Anxiety comes in two varieties. When you are coping with a crisis, that feeling that you have is referred to as common anxiety. And then you can have the type of anxiety that isn’t necessarily attached to any one worry or event. They feel anxious regularly, regardless of what you happen to be doing or thinking about. It’s more of a general sensation that seems to be there all day. This second form is generally the kind of anxiety that’s less of a neuro-typical reaction and more of a mental health issue.
Both forms of anxiety can be very detrimental to the physical body. It can be especially harmful if you experience extended or chronic anxiety. When it feels anxiety, your body produces all sorts of chemicals that raise your alert status. It’s good in the short term, but damaging over a long period of time. Over time, anxiety that can’t be managed or controlled will begin to manifest in distinct physical symptoms.
Bodily Symptoms of Anxiety
Some symptoms of anxiety are:
- Panic attacks, shortness of breath and raised heart rate
- Feeling as if you are coming out of your skin
- Loss of interest and depression
- A feeling that something terrible is about to occur
- Bodily discomfort
But in some cases, anxiety is experienced in unexpected ways. Anxiety can even effect obscure body functions like your hearing. As an example, anxiety has been associated with:
- Dizziness: Dizziness, which can also be caused by the ears, is commonly a symptom of persistent anxiety. After all, the ears are generally responsible for your sense of balance (there are these three tubes inside of your inner ears that are regulating the sense of balance).
- Tinnitus: Are you aware that stress not only exacerbates tinnitus but that it can cause the development of that ringing. This is called tinnitus (which, itself can have numerous other causes as well).

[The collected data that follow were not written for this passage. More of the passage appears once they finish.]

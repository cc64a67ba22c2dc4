-- ===== src/Rules/Aggregation/Tests.antt =====
-- Runs of the aggregation of statuses with numbers in halves, and its theorem at concrete children.
use strat_align.Prelude.{
  ℕ, ◌+◌, ◌*◌, ◌/◌, Bool, true, false, Option, none, some, List, [], ◌∷◌, ◌≡◌, refl, ◌==◌, leb,
}
use strat_align.Rules.Aggregation.{
  RagStatus, on_track, watch, off_track, Numbers, RagChild, RagAggregationResult, worst_child_wins,
  weighted_count, max_score, total_weight, weighted_score, evaluate_rag_aggregation,
}
use strat_align.Rules.Aggregation.Worst.{worst, HasScores, score_of_worst, worst_wins}

aggregation : Unit {0}
unfolding evaluate_rag_aggregation max_score total_weight weighted_score
aggregation = tt

-- A number of halves, or the lowest number.
abbrev at_least : Option ℕ → Option ℕ → Bool
at_least a none = true
at_least none (some b) = false
at_least (some a) (some b) = leb b a

abbrev equal : Option ℕ → Option ℕ → Bool
equal none none = true
equal (some a) (some b) = a == b
equal _ _ = false

abbrev lift : (ℕ → ℕ → ℕ) → Option ℕ → Option ℕ → Option ℕ
lift f (some a) (some b) = some (f a b)
lift f _ _ = none

abbrev halves : Numbers
halves = record {
  N = Option ℕ;
  zero_number = some 0;
  half = some 1;
  one_number = some 2;
  lowest = none;
  at_least = at_least;
  equal = equal;
  plus = lift (λ a b. a + b);
  times = lift (λ a b. (a * b) / 2);
  divide = lift (λ a b. (2 * a) / b);
}

scores : HasScores halves
scores = record {
  zero_zero = refl;
  zero_half = refl;
  zero_one = refl;
  half_zero = refl;
  half_half = refl;
  half_one = refl;
  one_zero = refl;
  one_half = refl;
  one_one = refl;
  zero_lowest = refl;
  half_lowest = refl;
  one_lowest = refl;
  one_is_one = refl;
  half_not_one = refl;
  zero_not_one = refl;
  half_is_half = refl;
  zero_not_half = refl;
}

abbrev child : ℕ → RagStatus → Option ℕ → RagChild halves
child id status weight = record { id = id; status = status; weight = some weight }

abbrev others : List (RagChild halves)
others = child 2 watch (some 2) ∷ child 3 on_track (some 4) ∷ []

abbrev result : RagStatus → ℕ → RagAggregationResult halves
result status score = record { status = status; score = some score }

runs :
    (evaluate_rag_aggregation halves worst_child_wins (child 1 on_track (some 2) ∷ others)
      ≡ result watch 1)
    × (evaluate_rag_aggregation halves
          (weighted_count (some 1) (some 2))
          (child 1 off_track (some 8) ∷ others)
        ≡ result watch 1)
unfolding aggregation
runs = (refl, refl)

worst_wins_example :
    evaluate_rag_aggregation halves worst_child_wins (child 1 on_track (some 2) ∷ others) ≡ record {
      status = worst halves (child 1 on_track (some 2) ∷ others);
      score = score_of_worst halves (worst halves (child 1 on_track (some 2) ∷ others));
    }
worst_wins_example = worst_wins halves scores (child 1 on_track (some 2)) others
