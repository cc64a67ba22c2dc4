-- ===== src/Rules/Gate.antt =====
-- A gate passes exactly when its criteria hold of the facts.
use strat_align.Prelude.{
  ℕ, ◌≤◌, ◌<◌, true, false, Option, none, some, List, [], ◌∷◌, ◌≡◌, ◌≢◌, ◌↔◌, refl, inl, inr, arith,
  In, any, or_true, and_true,
}
use strat_align.Rules.{
  GateFactValue, number, GateTest, equals, not_equals, above, at_least, below, at_most, one_of,
  exists, GateCriterion, values_equal, test_fact, evaluate_criterion, evaluate_gate_criteria,
}

abbrev IsNumber : Option GateFactValue → (ℕ → Type 0) → Type 0
IsNumber actual P = (n : ℕ) × (actual ≡ some (number n)) × P n

-- What a test says of a fact, which may be missing.
abbrev pub Holds : Option GateFactValue → GateTest → Type 0
Holds actual (equals v) = actual ≡ some v
Holds actual (not_equals v) = actual ≢ some v
Holds actual (above k) = IsNumber actual (λ n. k < n)
Holds actual (at_least k) = IsNumber actual (λ n. k ≤ n)
Holds actual (below k) = IsNumber actual (λ n. n < k)
Holds actual (at_most k) = IsNumber actual (λ n. n ≤ k)
Holds actual (one_of vs) = (v : GateFactValue) × In v vs × (actual ≡ some v)
Holds actual (exists true) = (v : GateFactValue) × (actual ≡ some v)
Holds actual (exists false) = actual ≡ none

values_equal_iff : (a b : GateFactValue) → (values_equal a b ≡ true) ↔ (a ≡ b)
values_equal_iff a b = ground arith

some_iff : (a : GateFactValue) (v : GateFactValue) → (values_equal a v ≡ true) ↔ (some a ≡ some v)
some_iff a v = ground (arith, values_equal_iff a v)

any_iff :
    (a : GateFactValue) (vs : List GateFactValue)
    → (any (values_equal a) vs ≡ true) ↔ ((v : GateFactValue) × In v vs × (some a ≡ some v))
any_iff a [] = (λ h. cc, λ (v, i, h). absurd i)
any_iff a (x ∷ vs) = (
  λ h. elim (or_true (values_equal a x) (any (values_equal a) vs) h) [
    | inl this ↦ (x, inl refl, (some_iff a x).0 this)
    | inr rest ↦ let (v, i, same) = (any_iff a vs).0 rest in (v, inr i, same)
  ],
  λ (v, i, same). elim i [
    | inl this ↦ rw ((some_iff a x).1 (rw (← this) same)) refl
    | inr later ↦ rw ((any_iff a vs).1 (v, later, same)) (ground arith)
  ],
)

test_fact_iff :
    (actual : Option GateFactValue) (t : GateTest) → (test_fact actual t ≡ true) ↔ Holds actual t
test_fact_iff none (equals v) = ground arith
test_fact_iff none (not_equals v) = ground arith
test_fact_iff none (above k) = ground arith
test_fact_iff none (at_least k) = ground arith
test_fact_iff none (below k) = ground arith
test_fact_iff none (at_most k) = ground arith
test_fact_iff none (one_of vs) = ground arith
test_fact_iff none (exists true) = ground arith
test_fact_iff none (exists false) = ground arith
test_fact_iff (some a) (equals v) = some_iff a v
test_fact_iff (some a) (not_equals v) = ground (arith, some_iff a v)
test_fact_iff (some a) (above k) = ground arith
test_fact_iff (some a) (at_least k) = ground arith
test_fact_iff (some a) (below k) = ground arith
test_fact_iff (some a) (at_most k) = ground arith
test_fact_iff (some a) (one_of vs) = any_iff a vs
test_fact_iff (some a) (exists true) = ground arith
test_fact_iff (some a) (exists false) = ground arith

-- `evaluateGateCriteria` lets a gate pass exactly when every criterion holds of the facts: an
-- equality of the fact itself, a comparison of a fact that is a number, a membership of a fact that
-- is there, and a missing fact differs from every value.
pub evaluate_gate_criteria_iff :
    (rule : List GateCriterion) (facts : ℕ → Option GateFactValue)
    → ((evaluate_gate_criteria rule facts).passed ≡ true)
      ↔ ((c : GateCriterion) → In c rule → Holds (facts c.fact) c.test)
unfolding evaluate_gate_criteria evaluate_criterion
evaluate_gate_criteria_iff [] facts = (λ h c i. absurd i, λ h. refl)
evaluate_gate_criteria_iff (x ∷ rule) facts = (
  λ h c i.
      let (first, rest) = and_true (test_fact (facts x.fact) x.test) _ h in
      elim i [
        | inl this ↦ rw this ((test_fact_iff (facts x.fact) x.test).0 first)
        | inr later ↦ (evaluate_gate_criteria_iff rule facts).0 rest c later
      ],
  λ h.
      rw ((test_fact_iff (facts x.fact) x.test).1 (h x (inl refl)))
        ((evaluate_gate_criteria_iff rule facts).1 (λ c i. h c (inr i))),
)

For some, this might even manifest itself as a feeling that the ears are blocked or clogged.
- High Blood Pressure: And a few of the effects of anxiety are not at all surprising. Elevated blood pressure is one of those. Known medically as hypertension, high blood pressure often has extremely negative effects on the body. It is, to make use of a colloquialism, bad news. High blood pressure has also been recognized to lead to hearing loss, dizziness and tinnitus.
Hearing Loss And Anxiety
Typically on a hearing blog such as this we would normally concentrate on, well, hearing. And your ability to hear. With that in mind, you’ll excuse us if we spend a little bit of time talking about how anxiety and hearing loss can influence each other in some fairly disconcerting ways.

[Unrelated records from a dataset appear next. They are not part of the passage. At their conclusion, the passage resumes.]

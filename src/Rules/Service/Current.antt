-- ===== src/Rules/Service/Current.antt =====
-- What the tables of rule versions satisfy, and the rows that the updates of a table give.
use strat_align.Prelude.{
  ℕ, ◌≤◌, ◌<◌, true, false, some, ◌≡◌, ◌≢◌, sym, ap, ◌∙◌, inl, inr, arith, In, Bool-cases,
}
use strat_align.Rules.Service.{draft, published, RuleDefinition, Table}

pub some-cancel : {a b : ℕ} → some a ≡ some b → a ≡ b
some-cancel h = cc

pub published_not_draft : published ≢ draft
published_not_draft h = cc

-- The rows of a table of rule versions: an identifier, and a version of a key, belong to one row; a
-- key that has rows has a current one, of the highest version; a draft is current; a published row
-- that is not current waits for the current draft that supersedes it; and a row supersedes an
-- earlier version of its key.
pub record IsSound {J : Type 0} (t : Table J) : Type 0 where
  pub ids : (r s : RuleDefinition J) → In r t → In s t → r.id ≡ s.id → r ≡ s
  pub versions :
      (r s : RuleDefinition J)
      → In r t
      → In s t
      → r.rule_key ≡ s.rule_key
      → r.version ≡ s.version
      → r.id ≡ s.id
  pub highest :
      (r s : RuleDefinition J)
      → In r t
      → In s t
      → r.rule_key ≡ s.rule_key
      → r.is_current ≡ true
      → s.version ≤ r.version
  pub has_current :
      (r : RuleDefinition J)
      → In r t
      → (s : RuleDefinition J) × In s t × (s.rule_key ≡ r.rule_key) × (s.is_current ≡ true)
  pub served :
      (r : RuleDefinition J)
      → In r t
      → r.status ≡ published
      → r.is_current ≡ false
      → (d : RuleDefinition J) × In d t
        × (d.rule_key ≡ r.rule_key)
        × (d.is_current ≡ true)
        × (d.status ≡ draft)
        × (d.supersedes_id ≡ some r.id)
  pub drafts : (r : RuleDefinition J) → In r t → r.status ≡ draft → r.is_current ≡ true
  pub before :
      (r : RuleDefinition J) (k : ℕ)
      → In r t
      → r.supersedes_id ≡ some k
      → (s : RuleDefinition J) × In s t
        × (s.id ≡ k)
        × (s.rule_key ≡ r.rule_key)
        × (s.version < r.version)

module _ {J : Type 0} {t : Table J} (sound : IsSound t) where
  -- The current row of a key is one.
  pub current_one :
      (r s : RuleDefinition J)
      → In r t
      → In s t
      → r.rule_key ≡ s.rule_key
      → r.is_current ≡ true
      → s.is_current ≡ true
      → r ≡ s
  current_one r s i j k a b = sound.ids r s i j (
      sound.versions r s i j k
        (omega (arith, sound.highest r s i j k a, sound.highest s r j i (sym k) b)))

  -- A key has one published row at most.
  pub published_one :
      (r s : RuleDefinition J)
      → In r t
      → In s t
      → r.rule_key ≡ s.rule_key
      → r.status ≡ published
      → s.status ≡ published
      → r ≡ s
  published_one r s i j k a b = elim (Bool-cases r.is_current) [
    | inl c ↦ elim (Bool-cases s.is_current) [
      | inl d ↦ current_one r s i j k c d
      | inr d ↦
          let (x, l, key, cur, dr, sup) = sound.served s j b d in
          absurd (one_is_draft r x (current_one r x i l (k ∙ sym key) c cur) a dr)
    ]
    | inr c ↦
        let (x, l, key, cur, dr, sup) = sound.served r i a c in
        elim (Bool-cases s.is_current) [
          | inl d ↦ absurd (one_is_draft s x (current_one s x j l (sym k ∙ sym key) d cur) b dr)
          | inr d ↦
              let (y, m, key', cur', dr', sup') = sound.served s j b d in
              let same = current_one x y l m (key ∙ k ∙ sym key') cur cur' in
              sound.ids r s i j (same_link x y same sup sup')
        ]
  ]
    where
      one_is_draft : (p d : RuleDefinition J) → p ≡ d → p.status ≡ published → d.status ≡ draft → ⊥
      one_is_draft p d e h k =
          published_not_draft (sym h ∙ ap (λ (r : RuleDefinition J). r.status) e ∙ k)

      same_link :
          (x y : RuleDefinition J) {a b : ℕ}
          → x ≡ y
          → x.supersedes_id ≡ some a
          → y.supersedes_id ≡ some b
          → a ≡ b
      same_link x y e h k =
          some-cancel (sym h ∙ ap (λ (r : RuleDefinition J). r.supersedes_id) e ∙ k)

First of all, there’s the isolation. People tend to pull away from social experiences when they suffer from hearing loss, tinnitus or balance issues. You might have seen this in your own family. Perhaps a relative just withdrew from conversations because they were embarrassed that they have to constantly repeat what they said. The same holds true for balance problems. It could influence your ability to walk or drive, which can be humiliating to admit to family and friends.
There are also other reasons why depression and anxiety can lead to social isolation. When you don’t feel yourself, you don’t want to be around others. Unfortunately, this can be something of a circle where one feeds the other. That sense of isolation can develop quickly and it can lead to a variety of other, closely associated problems, such as cognitive decline. It can be even more challenging to overcome the effects of isolation if you’re dealing with hearing loss and anxiety.
Getting The Proper Treatment
Finding the correct treatment is important especially given how much hearing loss, tinnitus, anxiety and isolation feed each other.
If tinnitus and hearing loss are symptoms you’re struggling with, finding proper treatment for them can also help with your other symptoms. Connecting with other people has been shown to help alleviate both anxiety and depression. Prolonged anxiety is more serious when there is a strong sense of isolation and treating the symptoms can help with that. So that you can figure out what treatments will be most effective for your situation, check with your doctor and your hearing specialist. Depending on what your hearing test shows, the right treatment for hearing loss or tinnitus could involve hearing aids. And for anxiety, medication and other forms of therapy could be necessary. Cognitive-behavioral therapy has also been shown to help deal with tinnitus.
Here’s to Your Health
We recognize that your mental and physical health can be seriously impacted by anxiety.
We also know that hearing loss can result in isolation and cognitive decline. When you add anxiety to the recipe, you can have a very difficult situation. Luckily, we have treatments for both conditions, and getting that treatment can make a huge, positive difference. The health affects of anxiety don’t have to be permanent. What anxiety does to your body does not have to last. The sooner you find treatment, the better.